[[ INPUT DATA open ]]

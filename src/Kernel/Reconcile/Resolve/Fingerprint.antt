-- ===== src/Kernel/Reconcile/Resolve/Fingerprint.antt =====
-- R8: what a match says of the content hashes.
use mathlib.Core.List.{Memᴰ}
use index_core.Base.{
  Str, str_eq_iff, ℕ, ◌≡◌, refl, sym, ◌∙◌, inl, inr, ◌⊎◌, true, false, some, pos, List, [], ◌∷◌,
  String, subst, arith,
}
use index_core.Domain.Entities.{SnapshotEntry}
use index_core.Kernel.Reconcile.Types.{Config, PriorResource, deref_str}
use index_core.Kernel.Reconcile.Paths.{entry_path, is_filled, entry_hash_comparable, hash_agrees}
use index_core.Kernel.Reconcile.Index.{PriorIndex, hash_key, entry_hash_key}
use index_core.Kernel.Reconcile.Index.Lookup.{at_hash, index_of, index_of-select}
use index_core.Kernel.Reconcile.Resolve.{
  matched, entry_is_stable, provider_stage, hash_candidates, hash_same_path, hash_stage, size_stage,
  resolve,
}
use index_core.Kernel.Reconcile.Resolve.Stages.{mem-select, hash_match-single}

hash_agrees-key :
    (c : PriorResource) (e : SnapshotEntry)
    → hash_agrees c.content_hash e.content_hash c.hash_algorithm e.hash_algorithm ≡ true
    → hash_key c ≡ entry_hash_key e
unfolding hash_agrees
hash_agrees-key c e h = ground (
  arith,
  str_eq_iff (deref_str c.content_hash) (deref_str e.content_hash),
  str_eq_iff (deref_str c.hash_algorithm) (deref_str e.hash_algorithm),
)

module _ (ix : PriorIndex) (cfg : Config) (now : ℕ) (e : SnapshotEntry) where
  hash_stage-key :
      (same : List PriorResource) (c : PriorResource) (r : String)
      → hash_stage ix cfg now e same ≡ some (matched c r)
      → (hash_key c ≡ entry_hash_key e) ⊎ (ix.present_by_hash (entry_hash_key e) ≡ c ∷ [])
  unfolding hash_stage hash_same_path hash_candidates
  hash_stage-key [] c r h =
      ground (arith, hash_match-single ix cfg now e [] (ix.present_by_hash (entry_hash_key e)) c r)
  hash_stage-key (x ∷ []) c r h = ground (
    arith,
    hash_agrees-key x e,
    hash_match-single ix cfg now e (x ∷ []) (ix.present_by_hash (entry_hash_key e)) c r,
  )
  hash_stage-key (x ∷ y ∷ l) c r h = ground (
    arith,
    hash_match-single ix cfg now e (x ∷ y ∷ l) (ix.present_by_hash (entry_hash_key e)) c r,
  )

  size_stage-key :
      (same : List PriorResource) (c : PriorResource) (r : String)
      → size_stage ix cfg now e same ≡ matched c r
      → entry_hash_comparable e ≡ true
      → is_filled c.content_hash ≡ true
      → hash_key c ≡ entry_hash_key e
  unfolding size_stage
  size_stage-key [] c r h comparable filled = ground arith
  size_stage-key (x ∷ []) c r h comparable filled = ground (arith, hash_agrees-key x e)
  size_stage-key (x ∷ y ∷ l) c r h comparable filled = ground arith

  resolve-key :
      (c : PriorResource) (r : String)
      → entry_is_stable e ≡ false
      → resolve ix e cfg now ≡ matched c r
      → entry_hash_comparable e ≡ true
      → is_filled c.content_hash ≡ true
      → (hash_key c ≡ entry_hash_key e) ⊎ (ix.present_by_hash (entry_hash_key e) ≡ c ∷ [])
  unfolding resolve provider_stage
  resolve-key c r unstable h comparable filled = ground (
    arith,
    hash_stage-key (ix.present_by_path (entry_path e)) c r,
    size_stage-key (ix.present_by_path (entry_path e)) c r,
  )

-- Where an entry does not vouch for a provider id and has a content hash with its algorithm, a match
-- with a resource that has a content hash means that hash and algorithm, as the index spells them, are
-- the same on both sides.
pub resolve-hash_key :
    (prior : List PriorResource) (es : List SnapshotEntry) (e : SnapshotEntry) (cfg : Config)
    (now : ℕ) (c : PriorResource) (r : String)
    → entry_is_stable e ≡ false
    → resolve (index_of prior es) e cfg now ≡ matched c r
    → entry_hash_comparable e ≡ true
    → is_filled c.content_hash ≡ true
    → hash_key c ≡ entry_hash_key e
resolve-hash_key prior es e cfg now c r unstable h comparable filled =
    elim (resolve-key (index_of prior es) cfg now e c r unstable h comparable filled) [
      | inl same ↦ same
      | inr alone ↦
          let k : Str = entry_hash_key e in
          let made = (index_of-select prior es k (pos 0)).1 in
          let found : Memᴰ c prior × (at_hash k c ≡ true) =
            mem-select (at_hash k) prior (subst (Memᴰ c) (sym alone ∙ made) (Memᴰ.head refl)) in
          ground (arith, found.1, str_eq_iff (hash_key c) k)
    ]
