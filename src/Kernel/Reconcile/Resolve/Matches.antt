-- ===== src/Kernel/Reconcile/Resolve/Matches.antt =====
-- What a match rests on: rules R1 to R5 seen from their outcome.
use mathlib.Core.List.{Memᴰ}
use index_core.Base.{
  Str, str_eq_iff, ℕ, ◌≡◌, refl, sym, ◌∙◌, ◌⊎◌, inl, inr, Bool, true, pos, List, [], ◌∷◌, select,
  String, subst, arith,
}
use index_core.Domain.Enums.{is_present}
use index_core.Domain.Entities.{SnapshotEntry}
use index_core.Kernel.Reconcile.Types.{Config, PriorResource, canonical_path_of}
use index_core.Kernel.Reconcile.Paths.{entry_path}
use index_core.Kernel.Reconcile.Index.{provider_key, entry_hash_key}
use index_core.Kernel.Reconcile.Index.Lookup.{
  at_path, at_provider, at_hash, missing_at_size, index_of, index_of-select,
}
use index_core.Kernel.Reconcile.Resolve.{
  matched, entry_is_stable, entry_provider_key, moved_candidates, resolve,
}
use index_core.Kernel.Reconcile.Resolve.Stages.{
  mem-select, SameProviderId, SamePath, RecognizedMove, resolve-single, moved_candidates-move,
}

-- What is known of a resource that an entry was taken for.
pub record IsGroundedMatch (prior : List PriorResource) (e : SnapshotEntry) (cfg : Config) (now : ℕ)
    (c : PriorResource) : Type 0 where
  pub known : Memᴰ c prior
  pub live : is_present c.resource_presence ≡ true
  pub basis : SameProviderId e c ⊎ SamePath e c ⊎ RecognizedMove cfg now c

module _ (prior : List PriorResource) (es : List SnapshotEntry) (e : SnapshotEntry) (cfg : Config)
    (now : ℕ) (c : PriorResource) where
  alone_in :
      (p : PriorResource → Bool) (l : List PriorResource)
      → l ≡ select p prior
      → l ≡ c ∷ []
      → Memᴰ c prior × (p c ≡ true)
  alone_in p l made alone = mem-select p prior (subst (Memᴰ c) (sym alone ∙ made) (Memᴰ.head refl))

  by_provider :
      entry_is_stable e ≡ true
      → (index_of prior es).present_by_provider (entry_provider_key e) ≡ c ∷ []
      → IsGroundedMatch prior e cfg now c
  by_provider stable h =
      let k : Str = entry_provider_key e in
      let found : Memᴰ c prior × (at_provider k c ≡ true) =
        alone_in (at_provider k) _ (index_of-select prior es k (pos 0)).0 h in
      record {
        known = found.0;
        live = ground (arith, found.1);
        basis = inl (
          stable,
          ground (arith, found.1),
          ground (arith, found.1, str_eq_iff (provider_key c) k),
        );
      }

  by_path :
      (index_of prior es).present_by_path (entry_path e) ≡ c ∷ []
      → IsGroundedMatch prior e cfg now c
  by_path h =
      let k : Str = entry_path e in
      let found : Memᴰ c prior × (at_path k c ≡ true) =
        alone_in (at_path k) _ (index_of-select prior es k (pos 0)).2 h in
      record {
        known = found.0;
        live = ground (arith, found.1);
        basis = inr (inl (ground (arith, found.1, str_eq_iff (canonical_path_of c) k)));
      }

  by_hash :
      (index_of prior es).present_by_hash (entry_hash_key e) ≡ c ∷ []
      → SamePath e c ⊎ RecognizedMove cfg now c
      → IsGroundedMatch prior e cfg now c
  by_hash h basis =
      let k : Str = entry_hash_key e in
      let found : Memᴰ c prior × (at_hash k c ≡ true) =
        alone_in (at_hash k) _ (index_of-select prior es k (pos 0)).1 h in
      record { known = found.0; live = ground (arith, found.1); basis = inr basis }

  by_move :
      moved_candidates (index_of prior es) cfg now e ≡ c ∷ [] → IsGroundedMatch prior e cfg now c
  by_move h =
      let (n, here, inside) =
        moved_candidates-move (index_of prior es) cfg now e c
          (subst (Memᴰ c) (sym h) (Memᴰ.head refl)) in
      let found : Memᴰ c prior × (missing_at_size n c ≡ true) =
        mem-select (missing_at_size n) prior
          (subst (Memᴰ c) (index_of-select prior es [] n).4 here) in
      record {
        known = found.0;
        live = ground (arith, found.1);
        basis = inr (inr (ground (arith, found.1), inside));
      }

  -- An entry is taken for a resource only if that resource is PRESENT in the inventory and
  -- has the entry's vouched-for provider id, or the entry's path, or is a missing resource still
  -- inside the move-recognition horizon.
  pub resolve-IsGroundedMatch :
      (r : String)
      → resolve (index_of prior es) e cfg now ≡ matched c r
      → IsGroundedMatch prior e cfg now c
  resolve-IsGroundedMatch r h = elim (resolve-single (index_of prior es) cfg now e c r h) [
    | inl (stable, a) ↦ by_provider stable a
    | inr (inl a) ↦ by_path a
    | inr (inr (inl (a, basis))) ↦ by_hash a basis
    | inr (inr (inr a)) ↦ by_move a
  ]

[[ INPUT DATA closed ]]

■ ACTIVITY ■
Keep only the lines from the line with "alone_in (at_hash k)" to the end of the records above, and repeat them exactly.

■ WRITTEN SOLUTION ■
        alone_in (at_hash k) _ (index_of-select prior es k (pos 0)).1 h in
      record { known = found.0; live = ground (arith, found.1); basis = inr basis }

  by_move :
      moved_candidates (index_of prior es) cfg now e ≡ c ∷ [] → IsGroundedMatch prior e cfg now c
  by_move h =
      let (n, here, inside) =
        moved_candidates-move (index_of prior es) cfg now e c
          (subst (Memᴰ c) (sym h) (Memᴰ.head refl)) in
      let found : Memᴰ c prior × (missing_at_size n c ≡ true) =
        mem-select (missing_at_size n) prior
          (subst (Memᴰ c) (index_of-select prior es [] n).4 here) in
      record {
        known = found.0;
        live = ground (arith, found.1);
        basis = inr (inr (ground (arith, found.1), inside));
      }

  -- An entry is taken for a resource only if that resource is PRESENT in the inventory and
  -- has the entry's vouched-for provider id, or the entry's path, or is a missing resource still
  -- inside the move-recognition horizon.
  pub resolve-IsGroundedMatch :
      (r : String)
      → resolve (index_of prior es) e cfg now ≡ matched c r
      → IsGroundedMatch prior e cfg now c
  resolve-IsGroundedMatch r h = elim (resolve-single (index_of prior es) cfg now e c r h) [
    | inl (stable, a) ↦ by_provider stable a
    | inr (inl a) ↦ by_path a
    | inr (inr (inl (a, basis))) ↦ by_hash a basis
    | inr (inr (inr a)) ↦ by_move a
  ]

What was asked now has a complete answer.